El controvertido descubrimiento de América propiciaría la presencia en Europa del chocolate, la vainilla, el maíz, el azúcar de caña, el tomate y la papa; mientras las rutas de los mercaderes desde Asia y África, cuyos recorridos estuvieron por mucho tiempo marcados por las adversas condiciones de enormes recorridos, abruptos accidentes naturales, rigores del clima y hostigamiento de enemigos y bandidos, permitieron el acceso a la canela, la pimienta, la nuez moscada y el anís. Dicho sea de paso, ¿qué se harían las muy fortalecidas cocinas europeas, verdaderos patrones de la excelencia, si las humildes naciones americanas, africanas y asiáticas comenzaran a reclamar su patria potestad o la propiedad intelectual respecto a frutos, especias y prácticas aportadas a las antropologías gastronómicas del Viejo Mundo y al patrimonio culinario universal?

La cocina italiana, amén de recurrente solución a la problemática alimentaria acaecida a comienzos de la década del 60 del siglo XX, fue asentándose progresivamente entre las preferencias cotidianas del paladar cubano, al igual que ocurriría en la mayor parte del mundo. Y con similar cronología, los suministros importados de los países de Europa del Este —antiguo campo socialista— introdujeron nuevas percepciones respecto a las cocinas eslavas y euroasiáticas, también asimiladas por la aceptación criolla.

En reiteradas ocasiones y escenarios, el Chef Gilberto Smith Duquesne, mentor de todos los cocineros cubanos, señalaba que “la cocina cubana constituía un importante rubro cultural exportable”. Y nada más cierto, no sólo como parte del producto turístico integral del país, a través del imprescindible acto de comer y beber que presupone atender al visitante.

 Imposible concluir estas referencias histórico-culturales de la gastronomía sin mencionar el ron, el tabaco y el café, que secularmente han acuñado la gallardía de nuestra nación.

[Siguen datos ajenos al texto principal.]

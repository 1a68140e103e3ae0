-- ===== src/Dialect/Fragments.antt =====
-- The fragments of gobackendkit/dialect, and what Render makes of those of SQL Server.
use go_project.Base.{ℕ, ◌≡◌, refl, List, Bool, false, if◌then◌else◌, Bool-cases, inl, inr}
use go_project.Base.Dict.{same}
use go_project.Text.{is_empty, Casing}
use go_project.Dialect.{sqlserver, dialect_for, sql_server_dialect, postgres_dialect}
use go_project.Dialect.Columns.{IsWord, flag_column}
use go_project.Dialect.Flags.{normalized, normalized_bool}
use go_project.Dialect.Render.{is_pgsql_bool_column, render}

render_theirs :
    (cs : Casing) (kind alias name : List ℕ) (value : Bool)
    → IsWord alias
    → IsWord name
    → is_empty name ≡ false
    → render cs kind (sql_server_dialect.bool_bit_eq (flag_column alias name) value)
      ≡ (if is_pgsql_bool_column cs (flag_column alias name)
            then dialect_for kind
            else sql_server_dialect).bool_bit_eq
          (flag_column alias name)
          value
unfolding render dialect_for sql_server_dialect postgres_dialect
render_theirs cs kind alias name value h k e = elim (Bool-cases (same kind sqlserver)) [
  | inl s ↦ rw s (elim (Bool-cases (is_pgsql_bool_column cs (flag_column alias name))) [
    | inl b ↦ rw b refl
    | inr b ↦ rw b refl
  ])
  | inr s ↦
      rw (s, normalized cs alias name h k e value)
        (elim (Bool-cases (is_pgsql_bool_column cs (flag_column alias name))) [
          | inl b ↦ rw b refl
          | inr b ↦ rw b refl
        ])
]

render_own :
    (cs : Casing) (kind alias name : List ℕ) (value : Bool)
    → IsWord alias
    → IsWord name
    → is_empty name ≡ false
    → render cs kind ((dialect_for kind).bool_bit_eq (flag_column alias name) value)
      ≡ (dialect_for kind).bool_bit_eq (flag_column alias name) value
unfolding render dialect_for sql_server_dialect postgres_dialect
render_own cs kind alias name value h k e = elim (Bool-cases (same kind sqlserver)) [
  | inl s ↦ rw s refl
  | inr s ↦ rw s (normalized_bool cs alias name h k e value)
]

-- Of a column `is_…` or `alias.is_…` of ASCII letters, digits and `_`, on whatever dialect: Render
-- turns SQL Server's comparison with a BIT into the dialect's own if isPGSQLBoolColumn takes the
-- column for one, and leaves it as it is otherwise; and the dialect's own it leaves as it is.
pub render-bool_bit_eq :
    (cs : Casing) (kind alias name : List ℕ) (value : Bool)
    → IsWord alias
    → IsWord name
    → is_empty name ≡ false
    → (render cs kind (sql_server_dialect.bool_bit_eq (flag_column alias name) value)
        ≡ (if is_pgsql_bool_column cs (flag_column alias name)
              then dialect_for kind
              else sql_server_dialect).bool_bit_eq
            (flag_column alias name)
            value)
      × (render cs kind ((dialect_for kind).bool_bit_eq (flag_column alias name) value)
          ≡ (dialect_for kind).bool_bit_eq (flag_column alias name) value)
render-bool_bit_eq cs kind alias name value h k e =
    (render_theirs cs kind alias name value h k e, render_own cs kind alias name value h k e)
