-- ===== src/Float64.antt =====
-- Go's float64, as the encoders use it. The values and their operations are not computed with: the
-- record holds what the code relies on.
use go_project.Base.{ℕ, ◌^◌, ◌<◌, ◌≡◌}

pub record Float64 : Type 1 where
  pub Value : Type 0
  pub plus : Value → Value → Value
  pub minus : Value → Value → Value
  pub times : Value → Value → Value
  pub over : Value → Value → Value
  pub thousand : Value
  -- float64(x) of an int64 and int64(v); the result is some int64 on every value.
  pub of_int64 : ℕ → Value
  pub to_int64 : Value → ℕ
  pub to_int64_fits : (v : Value) → to_int64 v < 2 ^ 64
  -- float64(x) of a uint64 and uint64(v)
  pub of_uint64 : ℕ → Value
  pub to_uint64 : Value → ℕ
  pub to_uint64_fits : (v : Value) → to_uint64 v < 2 ^ 64
  -- math.Float64bits and math.Float64frombits
  pub to_bits : Value → ℕ
  pub of_bits : ℕ → Value
  pub to_bits_fits : (v : Value) → to_bits v < 2 ^ 64
  pub of_bits-to_bits : (v : Value) → of_bits (to_bits v) ≡ v
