-- ===== src/Varint.antt =====
-- tffiles/encoder.go: encodeVarint and decodeVarint. A uint64 is a number below 2 ^ 64; an int64
-- is kept as that bit pattern, so the conversions leave it alone.
pub mod RoundTrip
use Prim.Native.Nat.{bit_and, bit_or}
use go_project.Base.{
  ℕ, zero, suc, ◌+◌, ◌*◌, ◌/◌, ◌%◌, ◌^◌, List, [], ◌∷◌, leb, ltb, ◌==◌, if◌then◌else◌,
}

-- The loop `for ux >= 0x80`. A uint64 falls below 0x80 after nine rounds.
unfoldable pub encode_loop : ℕ → ℕ → List ℕ
encode_loop zero ux = (ux % 256) ∷ []
encode_loop (suc rounds) ux =
    let rest = encode_loop rounds (ux / 2 ^ 7) in
    if leb 0x80 ux then bit_or (ux % 256) 0x80 ∷ rest else (ux % 256) ∷ []

unfoldable pub encode_varint : ℕ → List ℕ
encode_varint x = encode_loop 9 x

-- uint64(b) << s
abbrev shifted : ℕ → ℕ → ℕ
shifted b s = b * 2 ^ s % 2 ^ 64

-- The loop `for i, b := range data`, with the variables i, x and s.
unfoldable pub decode_loop : ℕ → ℕ → ℕ → List ℕ → ℕ
decode_loop i x s [] = x
decode_loop i x s (b ∷ bs) =
    let rest = decode_loop (i + 1) (bit_or x (shifted (bit_and b 0x7f) s)) (s + 7) bs in
    if i == 9 then bit_or x (shifted b s) else if ltb b 0x80 then bit_or x (shifted b s) else rest

unfoldable pub decode_varint : List ℕ → ℕ
decode_varint d = decode_loop 0 0 0 d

DE LAS INFLUENCIAS AL REPLANTEO DE LA TRADICIONALIDAD

Con igual sentido que otras manifestaciones del arte, así ha venido ocurriendo con la cocina cubana. Para una mejor comprensión de este fenómeno, vale mencionar algunos ejemplos ilustrativos: Wilfredo Lam logró en su pintura un cubismo (movimiento artístico de vanguardia, surgido durante las primeras décadas del siglo XX, en Francia) sincretizado con los íconos afrocubanos; Benny Moré se apoyó en el formato musical de las jazz-band norteamericanas para enaltecer la sonoridad criolla; y las producciones del naciente Instituto Cubano de las Artes e Industrias Cinematográficas (ICAIC) estuvieron marcadas, en sus inicios, por el neorrealismo italiano y la “nueva ola francesa” hasta que un grupo de creadores se dieron a expresar nuestras realidades con un discurso estético propio.

Cambiar, como inevitable vía para preservar y sin detrimento de la autenticidad, representa una divisa imprescindible para la industria de la hospitalidad cubana. La variedad ya comienza a ser norma obligatoria en medio de una revolución gastronómica que los tiempos actuales reclaman.